Das ganze ist jetzt 14 Monate her, und ich halte schon wieder nach einem 24" Ausschau...


----------



## Banglabagh75 (15. August 2013)

Lars77 schrieb:


> Über eine längere Sattelstütze habe ich natürlich auch nachgedacht. Da das 20" aber bereits im Keller stand, war es naheliegend, erstmal das zu probieren. Und siehe da, es passte perfekt. Die großen Räder rollen viel besser über Unebenheiten, bieten mehr Fahrstabiliät, und dank Schaltung verlieren auch Berge ihren Schrecken. Hab mich anschließend nur gefragt, warum ich die Idee nicht schon früher hatte...
> 
> Das ganze ist jetzt 14 Monate her, und ich halte schon wieder nach einem 24" Ausschau...



Dein Kind war ja damals schon größer, da passte das 20er halt eher bzw. sofort. Wie auch immer:

Letztendlich ist das ja auch ne typische Forenproblematik: Man kennt die meisten Leute net und vor allem, man kennt deren spezifische Voraussetzungen net: Der eine ist Schrauber und kann alles basteln, der andere hat zwei linke Hände und kann nur Fertigware abnehmen, der eine hat wirklich gar keine Kohle, der andere gibt Unsummen für Fahrräder aus, und eben bei uns hier im Kinderbereich:
Der eine fährt weite Touren oder viel Berge (braucht ne Schaltung, große Räder, usw.), der andere tüftelt lieber die ganze Zeit am optimalen Kinderradl rum und das betreffende Kind fährt damit nur spaßeshalber immer um den Häuserblock rum, usw.

Und dann kommt es eben, dass man beim Thread-Beantworten in ne Richtung rennt, die mit der Problematik/Fragestellung des Threaderstellers kaum zusammenpasst.
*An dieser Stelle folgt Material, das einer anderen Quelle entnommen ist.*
-- ===== src/Writer.antt =====
-- trail.go: the process-wide writer. Any number of goroutines call `Log`, one goroutine runs the
-- loop of `run`, and one call of `Close` ends it. Each atomic operation, channel operation and call
-- of the sink is a step of its own, and a schedule chooses whose step comes next (`Writer.Step`).
-- One writer's life is modelled, from the successful `Init` on.
pub mod Produce
pub mod Run
pub mod Step
pub mod Take
pub mod Send
pub mod Sums
pub mod Induction
pub mod Calls
pub mod Accounting
pub mod Delivery
pub mod Bounds
pub mod Shutdown
pub mod Tests
use trail.Prelude.{ℕ, ◌+◌, ◌-◌, ◌%◌, ◌^◌, Bool, true, false, Option, none, some, List, [], Text}
use trail.Event.{Event}

-- `FullPolicy`; `normalizeConfig` refuses any other value.
pub data Policy : Type 0 where
  drop block : Policy

pub record Params : Type 0 where
  pub policy : Policy
  pub capacity : ℕ
  pub batch_size : ℕ

-- stats.go: the `counters`, each an atomic uint64.
pub record Counters : Type 0 where
  pub written : ℕ
  pub dropped : ℕ
  pub buffered : ℕ
  pub publish_errors : ℕ

-- `c.Add(n)`
abbrev pub add64 : ℕ → ℕ → ℕ
add64 c n = (c + n) % 2 ^ 64

-- `^uint64(n - 1)` of a uint64 `n`: adding it subtracts `n`.
abbrev pub minus64 : ℕ → ℕ
minus64 n = (2 ^ 64 - n % 2 ^ 64) % 2 ^ 64

-- Where a call of `Log` stands, named for what it does next.
pub data Pc : Type 0 where
  loaded  -- it holds the writer, and reads `accepting`
        unheard  -- it counts the drop of a call that found no accepting writer
        checked  -- `w.inflight.Add(1)`
        entered  -- it reads `accepting` again
        admitted  -- `counters.buffered.Add(1)`
        sending  -- the `select` that sends
        backing_out  -- it takes the event out of `buffered`
        rejected  -- it counts the drop
        leaving  -- `w.inflight.Add(-1)`
        waking  -- the `select` that sends to `wake`
        returned :
      Pc

pub record Producer : Type 0 where
  pub pc : Pc
  pub event : Event

-- What the goroutines share. `accepted` is a history: the events sent to the queue, in order.
pub record Shared : Type 0 where
  pub installed : Bool
  pub accepting : Bool
  pub stopped : Bool
  pub queue : List Event
  pub inflight : ℕ
  pub wake : Bool
  pub counters : Counters
  pub accepted : List Event

-- Where `run` goes on after `publish`.
pub data Resume : Type 0 where
  to_select to_drain to_close : Resume

-- Where `run` stands. The error of `sink.WriteBatch` is `Option Text`.
pub data Phase : Type 0 where
  selecting : Phase
  publishing : Resume → Phase
  counting : Resume → Option Text → Phase
  dropping : Resume → Text → Phase
  releasing : Resume → Phase
  waiting : Phase
  parked : Phase
  draining : Phase
  closing : Phase
  done : Phase

-- The calls of the sink.
pub data SinkCall : Type 0 where
  deliver : List Event → SinkCall
  sink_close : SinkCall

-- The variables of `run`. `delivered` and `calls` are histories: the batches given to the sink, and
-- its calls in their order.
pub record Runner : Type 0 where
  pub phase : Phase
  pub batch : List Event
  pub delivered : List (List Event)
  pub calls : List SinkCall
  pub publish_err : Option Text
  pub close_err : Option Text
  pub sink_closes : ℕ

-- Where the one `Close` that finds the writer stands.
pub data Closer : Type 0 where
  idle swapped refusing awaiting closed : Closer

pub record State : Type 0 where
  pub shared : Shared
  pub producers : List Producer
  pub runner : Runner
  pub closer : Closer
Na wie auch immer, Meinungen gab´s zum 20" Cube hier viele versch. Für und Wider, jedenfalls ist der Threadersteller glücklich und sein Kind sowieso, ist ja wirklich ein tolles Rad, spätestens wenn´s ihm dann im nächsten Frühjahr richtig passen wird...


----------



## Schwabe2626 (15. August 2013)

Banglabagh75 schrieb:


> Dein Kind war ja damals schon größer, da passte das 20er halt eher bzw. sofort. Wie auch immer:
> 
> Letztendlich ist das ja auch ne typische Forenproblematik: Man kennt die meisten Leute net und vor allem, man kennt deren spezifische Voraussetzungen net: Der eine ist Schrauber und kann alles basteln, der andere hat zwei linke Hände und kann nur Fertigware abnehmen, der eine hat wirklich gar keine Kohle, der andere gibt Unsummen für Fahrräder aus, und eben bei uns hier im Kinderbereich:
> Der eine fährt weite Touren oder viel Berge (braucht ne Schaltung, große Räder, usw.), der andere tüftelt lieber die ganze Zeit am optimalen Kinderradl rum und das betreffende Kind fährt damit nur spaßeshalber immer um den Häuserblock rum, usw.
> ...



joop der Threadersteller ist glücklich

Nochmals vielen Dank für Eure Unterstützung


----------



## michfisch (16. August 2013)

Hi,
weit gefehlt! es gibt bei 20" Rahmen unterschiede. Habe ich selbst erfahren/erkauft. Meine Tochter hatte ein Team 200, da paßte in den Hinterbau kein 2.1er Reifen rein. Hatte durch zufall noch ein Team 20" gekauft und festgestellt, das da der Hinterbau 7cm länger war mit Ständeraufnahme, den hatte das kurze nicht.
Es gibt also verschiedene Längen!!!
Gruss M



Schwabe2626 schrieb:


> gibt nur eine Größe


----------



## ilfer (26. August 2013)

Hallo zusammen,
Ich bin grade leicht schockiert, dass meine Kinder so frühreif sind...:
Sohn 1 hat zum 4ten Geburtstag ein 16 Zoll GHOST bekommen. Kurz nach dem 5ten Geburtstag fährt er jetzt aktuell ein 20 Zoll Steppenwolf Little Wolf und kommt prima zurecht. Seit ein paar Tagen klappt es sogar mit dem Schalten.
Sein Bruder wird in zwei Wochen 4 und hat eigentlich seit Mai auch ein 16 Zoll Ghost. Weil er sich damit auf Radtouren aber immer halb tot strampelt, hat er vor kurzem mal das Steppenwolf ausprobiert. Klappte auf Anhieb erstaunlich gut. Wir haben ihm jetzt ein 20 Zoll FELT gebraucht gekauft und er will auf seinem kleinen Ghost schon gar nicht mehr fahren... Bremsen klappt auch einwandfrei, vom Rücktritt hat er sich schnell entwöhnt.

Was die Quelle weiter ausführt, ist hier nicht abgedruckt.